Task:
Would you tally how many lines in the records include the word "closes"? Reply with the number only.

** Opening Records for this exercise block **

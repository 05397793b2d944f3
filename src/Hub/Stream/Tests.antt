-- ===== src/Hub/Stream/Tests.antt =====
-- A subscription of internal/service/hub.go whose third write fails.
use bs_notify_hub.Prelude.{
  ℕ, ◌≡◌, refl, String, Bool, true, ◌⊎◌, Option, some, List, [], ◌∷◌, ◌++◌, ◌==◌, ℕ_discrete,
}
use bs_notify_hub.Pool.Channel.{Channels, InternalMsg, notify_msg, new_channel}
use bs_notify_hub.Hub.Stream.{
  SseEvent, message_event, heartbeat_event, Signal, writes, closes, receives, ticks, run,
}
use bs_notify_hub.Hub.Stream.Order.{notices, events_of, accepted, fresh_stream, run-order}

abbrev as_notice : String → Option InternalMsg
as_notice s = some (record { kind = notify_msg; content = s })

abbrev as_text : String → Option String
as_text s = some s

abbrev third_fails : ℕ → Bool
third_fails n = n == 2

abbrev quiet : Channels
quiet k = new_channel

abbrev signals : List Signal
signals =
    writes "a" ∷ writes "b" ∷ receives ∷ ticks 7 ∷ writes "c" ∷ receives ∷ receives ∷ closes ∷ []

run-signals :
    (run as_notice as_text third_fails 0 signals
      (fresh_stream as_notice as_text third_fails 0 quiet)).out
    ≡ message_event notify_msg "a" ∷ heartbeat_event 7 ∷ []
unfolding run ℕ_discrete
run-signals = refl

run-order_example :
    let start = fresh_stream as_notice as_text third_fails 0 quiet in
    let s = run as_notice as_text third_fails 0 signals start in
    (rest : List SseEvent) × (events_of as_notice as_text third_fails 0
        (accepted as_notice as_text third_fails 0 signals start)
      ≡ notices s.out ++ rest)
    × ((s.ended ≡ true) ⊎ (rest ≡ events_of as_notice as_text third_fails 0 (s.channels 0).queue))
run-order_example = run-order as_notice as_text third_fails 0 signals quiet refl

** Closing Records for this exercise block **

Output:
2